▶ _What the task asks_:
Report all lines in the records that hold the string "back".

▶ _Data under study_:
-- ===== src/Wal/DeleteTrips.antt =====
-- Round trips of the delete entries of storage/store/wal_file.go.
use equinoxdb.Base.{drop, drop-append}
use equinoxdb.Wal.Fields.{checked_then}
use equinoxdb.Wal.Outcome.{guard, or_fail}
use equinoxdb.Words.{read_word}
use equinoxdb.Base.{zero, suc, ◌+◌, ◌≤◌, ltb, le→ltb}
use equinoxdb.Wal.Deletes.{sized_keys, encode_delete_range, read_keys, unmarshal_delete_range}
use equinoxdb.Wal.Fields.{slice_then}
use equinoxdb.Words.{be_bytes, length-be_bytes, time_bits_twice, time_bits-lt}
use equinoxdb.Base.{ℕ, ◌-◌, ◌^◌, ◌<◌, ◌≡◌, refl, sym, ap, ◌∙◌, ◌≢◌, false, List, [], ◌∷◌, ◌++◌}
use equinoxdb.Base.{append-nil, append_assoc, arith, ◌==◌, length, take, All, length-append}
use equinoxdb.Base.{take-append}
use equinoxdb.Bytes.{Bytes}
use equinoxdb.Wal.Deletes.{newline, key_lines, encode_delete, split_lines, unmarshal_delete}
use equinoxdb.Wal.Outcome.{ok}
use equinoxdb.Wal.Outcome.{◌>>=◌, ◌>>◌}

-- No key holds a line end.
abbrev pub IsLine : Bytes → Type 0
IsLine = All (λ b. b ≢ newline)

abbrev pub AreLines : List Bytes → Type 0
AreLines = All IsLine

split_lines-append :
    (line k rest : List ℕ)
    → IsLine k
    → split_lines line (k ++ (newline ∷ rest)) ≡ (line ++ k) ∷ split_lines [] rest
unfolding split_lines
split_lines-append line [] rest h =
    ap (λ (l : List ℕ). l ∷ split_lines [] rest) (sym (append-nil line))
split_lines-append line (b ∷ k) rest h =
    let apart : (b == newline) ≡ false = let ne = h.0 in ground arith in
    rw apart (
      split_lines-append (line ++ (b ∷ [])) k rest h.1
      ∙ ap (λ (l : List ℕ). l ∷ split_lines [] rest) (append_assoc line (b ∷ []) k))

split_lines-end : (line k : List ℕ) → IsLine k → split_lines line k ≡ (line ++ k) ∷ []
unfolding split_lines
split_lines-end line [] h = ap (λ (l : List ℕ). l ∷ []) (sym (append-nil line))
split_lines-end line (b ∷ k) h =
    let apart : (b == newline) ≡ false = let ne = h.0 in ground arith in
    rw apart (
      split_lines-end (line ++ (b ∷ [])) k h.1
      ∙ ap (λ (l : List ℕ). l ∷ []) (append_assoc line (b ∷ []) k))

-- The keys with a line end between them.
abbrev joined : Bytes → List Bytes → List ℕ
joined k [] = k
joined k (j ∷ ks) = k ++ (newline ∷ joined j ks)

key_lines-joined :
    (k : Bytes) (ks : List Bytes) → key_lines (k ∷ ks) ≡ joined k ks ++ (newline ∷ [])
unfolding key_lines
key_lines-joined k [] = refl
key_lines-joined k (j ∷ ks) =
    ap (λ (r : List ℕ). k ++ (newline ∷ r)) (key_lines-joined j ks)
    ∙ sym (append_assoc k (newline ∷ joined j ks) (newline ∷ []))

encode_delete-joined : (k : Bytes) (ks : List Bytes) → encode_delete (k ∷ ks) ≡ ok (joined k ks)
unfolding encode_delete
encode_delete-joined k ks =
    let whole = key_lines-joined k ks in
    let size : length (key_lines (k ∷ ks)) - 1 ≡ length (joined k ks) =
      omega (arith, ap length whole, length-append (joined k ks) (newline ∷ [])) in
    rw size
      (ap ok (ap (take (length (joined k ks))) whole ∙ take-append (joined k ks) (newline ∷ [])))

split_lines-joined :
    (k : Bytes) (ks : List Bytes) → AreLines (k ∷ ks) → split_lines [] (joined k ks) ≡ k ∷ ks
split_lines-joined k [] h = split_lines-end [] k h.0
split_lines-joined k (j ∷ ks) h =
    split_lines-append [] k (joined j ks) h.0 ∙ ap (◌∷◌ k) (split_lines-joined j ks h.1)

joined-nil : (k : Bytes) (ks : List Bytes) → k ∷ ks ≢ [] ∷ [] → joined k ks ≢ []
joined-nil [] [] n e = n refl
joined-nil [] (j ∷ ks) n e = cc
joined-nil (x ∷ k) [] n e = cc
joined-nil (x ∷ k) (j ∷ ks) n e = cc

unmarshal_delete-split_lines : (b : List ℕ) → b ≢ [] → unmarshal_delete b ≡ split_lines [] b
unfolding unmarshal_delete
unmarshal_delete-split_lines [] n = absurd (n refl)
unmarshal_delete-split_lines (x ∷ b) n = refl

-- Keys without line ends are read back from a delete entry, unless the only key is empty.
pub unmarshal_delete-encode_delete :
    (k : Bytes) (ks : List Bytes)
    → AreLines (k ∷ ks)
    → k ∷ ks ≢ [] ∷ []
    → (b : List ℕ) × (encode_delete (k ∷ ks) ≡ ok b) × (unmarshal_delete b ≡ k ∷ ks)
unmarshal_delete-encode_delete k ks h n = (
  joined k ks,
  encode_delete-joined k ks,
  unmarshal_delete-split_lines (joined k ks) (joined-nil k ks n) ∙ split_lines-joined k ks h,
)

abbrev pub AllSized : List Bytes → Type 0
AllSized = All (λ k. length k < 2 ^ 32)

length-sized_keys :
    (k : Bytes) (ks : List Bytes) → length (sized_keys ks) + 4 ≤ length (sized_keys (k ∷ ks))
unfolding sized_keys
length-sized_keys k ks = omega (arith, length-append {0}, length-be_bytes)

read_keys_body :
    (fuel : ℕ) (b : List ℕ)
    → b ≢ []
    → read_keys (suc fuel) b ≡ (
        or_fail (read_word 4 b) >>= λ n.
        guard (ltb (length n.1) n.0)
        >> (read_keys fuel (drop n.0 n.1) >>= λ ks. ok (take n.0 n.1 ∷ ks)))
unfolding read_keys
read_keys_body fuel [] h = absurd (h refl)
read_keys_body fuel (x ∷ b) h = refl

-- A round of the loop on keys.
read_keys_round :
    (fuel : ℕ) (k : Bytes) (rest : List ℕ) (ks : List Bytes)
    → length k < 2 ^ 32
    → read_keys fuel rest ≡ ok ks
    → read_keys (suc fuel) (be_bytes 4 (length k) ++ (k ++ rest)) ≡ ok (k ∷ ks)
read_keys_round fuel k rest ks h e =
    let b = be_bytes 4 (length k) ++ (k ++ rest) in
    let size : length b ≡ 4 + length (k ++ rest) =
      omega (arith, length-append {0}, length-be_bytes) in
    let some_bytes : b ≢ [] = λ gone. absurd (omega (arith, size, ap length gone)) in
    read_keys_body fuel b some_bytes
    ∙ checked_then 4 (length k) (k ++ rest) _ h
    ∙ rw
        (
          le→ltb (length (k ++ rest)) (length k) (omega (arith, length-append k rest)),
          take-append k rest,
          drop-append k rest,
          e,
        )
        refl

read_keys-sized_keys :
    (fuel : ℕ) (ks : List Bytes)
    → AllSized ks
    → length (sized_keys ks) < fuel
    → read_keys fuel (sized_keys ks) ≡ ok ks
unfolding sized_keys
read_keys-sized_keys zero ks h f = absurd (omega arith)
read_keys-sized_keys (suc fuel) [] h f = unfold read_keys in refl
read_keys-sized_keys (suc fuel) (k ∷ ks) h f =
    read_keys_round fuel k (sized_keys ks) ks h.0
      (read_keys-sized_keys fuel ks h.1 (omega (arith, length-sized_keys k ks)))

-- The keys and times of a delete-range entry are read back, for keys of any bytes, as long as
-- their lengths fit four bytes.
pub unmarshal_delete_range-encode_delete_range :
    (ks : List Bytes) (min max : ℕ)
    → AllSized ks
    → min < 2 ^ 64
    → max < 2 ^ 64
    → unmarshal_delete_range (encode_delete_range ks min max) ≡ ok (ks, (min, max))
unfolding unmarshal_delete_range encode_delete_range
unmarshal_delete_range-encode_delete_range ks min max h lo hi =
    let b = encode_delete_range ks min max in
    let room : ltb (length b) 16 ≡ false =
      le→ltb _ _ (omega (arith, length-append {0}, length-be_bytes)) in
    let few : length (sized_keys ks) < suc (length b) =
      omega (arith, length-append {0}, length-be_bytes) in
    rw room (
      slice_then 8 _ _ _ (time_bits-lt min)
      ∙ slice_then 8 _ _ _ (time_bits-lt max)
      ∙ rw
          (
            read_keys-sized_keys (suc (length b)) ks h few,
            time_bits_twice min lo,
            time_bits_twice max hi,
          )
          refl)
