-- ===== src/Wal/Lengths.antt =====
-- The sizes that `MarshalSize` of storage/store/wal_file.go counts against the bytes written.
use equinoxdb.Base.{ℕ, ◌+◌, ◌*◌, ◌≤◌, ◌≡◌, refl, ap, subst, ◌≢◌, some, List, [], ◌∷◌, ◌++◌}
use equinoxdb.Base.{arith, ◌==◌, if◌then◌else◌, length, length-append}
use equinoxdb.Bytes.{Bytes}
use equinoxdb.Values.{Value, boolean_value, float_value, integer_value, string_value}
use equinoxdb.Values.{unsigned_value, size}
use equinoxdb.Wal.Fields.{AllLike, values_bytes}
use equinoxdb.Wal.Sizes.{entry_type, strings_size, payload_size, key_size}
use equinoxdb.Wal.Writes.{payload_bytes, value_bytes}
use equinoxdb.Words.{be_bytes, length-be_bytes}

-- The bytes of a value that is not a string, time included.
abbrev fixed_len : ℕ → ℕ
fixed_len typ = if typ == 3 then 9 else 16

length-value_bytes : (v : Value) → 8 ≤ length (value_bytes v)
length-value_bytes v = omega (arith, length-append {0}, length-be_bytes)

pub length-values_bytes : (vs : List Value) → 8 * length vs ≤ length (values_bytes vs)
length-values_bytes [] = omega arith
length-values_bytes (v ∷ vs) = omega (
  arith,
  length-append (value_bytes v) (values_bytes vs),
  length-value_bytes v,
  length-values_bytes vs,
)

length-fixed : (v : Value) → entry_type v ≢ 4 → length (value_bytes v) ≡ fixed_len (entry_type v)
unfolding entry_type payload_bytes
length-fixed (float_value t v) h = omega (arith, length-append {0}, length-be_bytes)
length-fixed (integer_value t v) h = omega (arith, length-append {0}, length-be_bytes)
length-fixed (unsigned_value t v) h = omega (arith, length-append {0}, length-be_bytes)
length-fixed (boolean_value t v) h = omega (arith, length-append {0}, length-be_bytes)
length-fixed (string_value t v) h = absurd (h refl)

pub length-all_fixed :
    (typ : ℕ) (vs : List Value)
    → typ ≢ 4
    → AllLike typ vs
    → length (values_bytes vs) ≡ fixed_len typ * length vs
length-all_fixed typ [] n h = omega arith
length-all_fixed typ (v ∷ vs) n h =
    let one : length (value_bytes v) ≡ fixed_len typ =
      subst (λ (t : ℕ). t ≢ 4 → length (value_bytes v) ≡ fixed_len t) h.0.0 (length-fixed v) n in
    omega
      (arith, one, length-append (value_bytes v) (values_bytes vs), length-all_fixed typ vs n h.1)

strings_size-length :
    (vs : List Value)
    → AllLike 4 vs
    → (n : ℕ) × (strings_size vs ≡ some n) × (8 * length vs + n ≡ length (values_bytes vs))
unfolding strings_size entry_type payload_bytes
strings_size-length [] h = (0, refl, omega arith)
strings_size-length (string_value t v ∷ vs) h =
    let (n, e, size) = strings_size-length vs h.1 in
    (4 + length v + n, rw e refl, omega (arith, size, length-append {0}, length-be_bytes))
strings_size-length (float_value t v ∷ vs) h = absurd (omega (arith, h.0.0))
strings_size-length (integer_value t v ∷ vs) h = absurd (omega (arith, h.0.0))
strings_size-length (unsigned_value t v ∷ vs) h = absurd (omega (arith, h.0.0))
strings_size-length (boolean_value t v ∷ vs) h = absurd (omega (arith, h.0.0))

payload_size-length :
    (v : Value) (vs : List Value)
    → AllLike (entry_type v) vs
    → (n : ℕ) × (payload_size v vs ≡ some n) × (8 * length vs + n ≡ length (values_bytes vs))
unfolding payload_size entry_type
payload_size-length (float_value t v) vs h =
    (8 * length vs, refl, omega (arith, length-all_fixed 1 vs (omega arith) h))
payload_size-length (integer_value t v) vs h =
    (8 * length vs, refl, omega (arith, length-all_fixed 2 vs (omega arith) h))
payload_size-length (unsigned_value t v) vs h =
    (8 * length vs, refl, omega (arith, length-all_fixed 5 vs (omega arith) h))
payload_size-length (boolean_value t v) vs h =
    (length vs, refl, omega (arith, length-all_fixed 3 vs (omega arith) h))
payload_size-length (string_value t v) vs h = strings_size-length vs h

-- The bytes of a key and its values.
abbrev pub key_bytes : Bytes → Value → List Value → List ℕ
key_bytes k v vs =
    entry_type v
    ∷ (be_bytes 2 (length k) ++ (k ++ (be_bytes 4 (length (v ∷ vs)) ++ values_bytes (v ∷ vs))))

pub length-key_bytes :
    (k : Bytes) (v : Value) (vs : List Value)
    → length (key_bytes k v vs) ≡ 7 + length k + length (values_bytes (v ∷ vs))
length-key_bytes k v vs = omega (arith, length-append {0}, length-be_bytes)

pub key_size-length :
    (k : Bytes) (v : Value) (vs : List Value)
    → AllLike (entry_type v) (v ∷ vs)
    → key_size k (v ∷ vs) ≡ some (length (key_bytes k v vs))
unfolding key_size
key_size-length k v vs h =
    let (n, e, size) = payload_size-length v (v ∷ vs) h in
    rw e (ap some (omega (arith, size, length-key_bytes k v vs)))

▶ _Answer space_:
-- Keys without line ends are read back from a delete entry, unless the only key is empty.
-- The keys and times of a delete-range entry are read back, for keys of any bytes, as long as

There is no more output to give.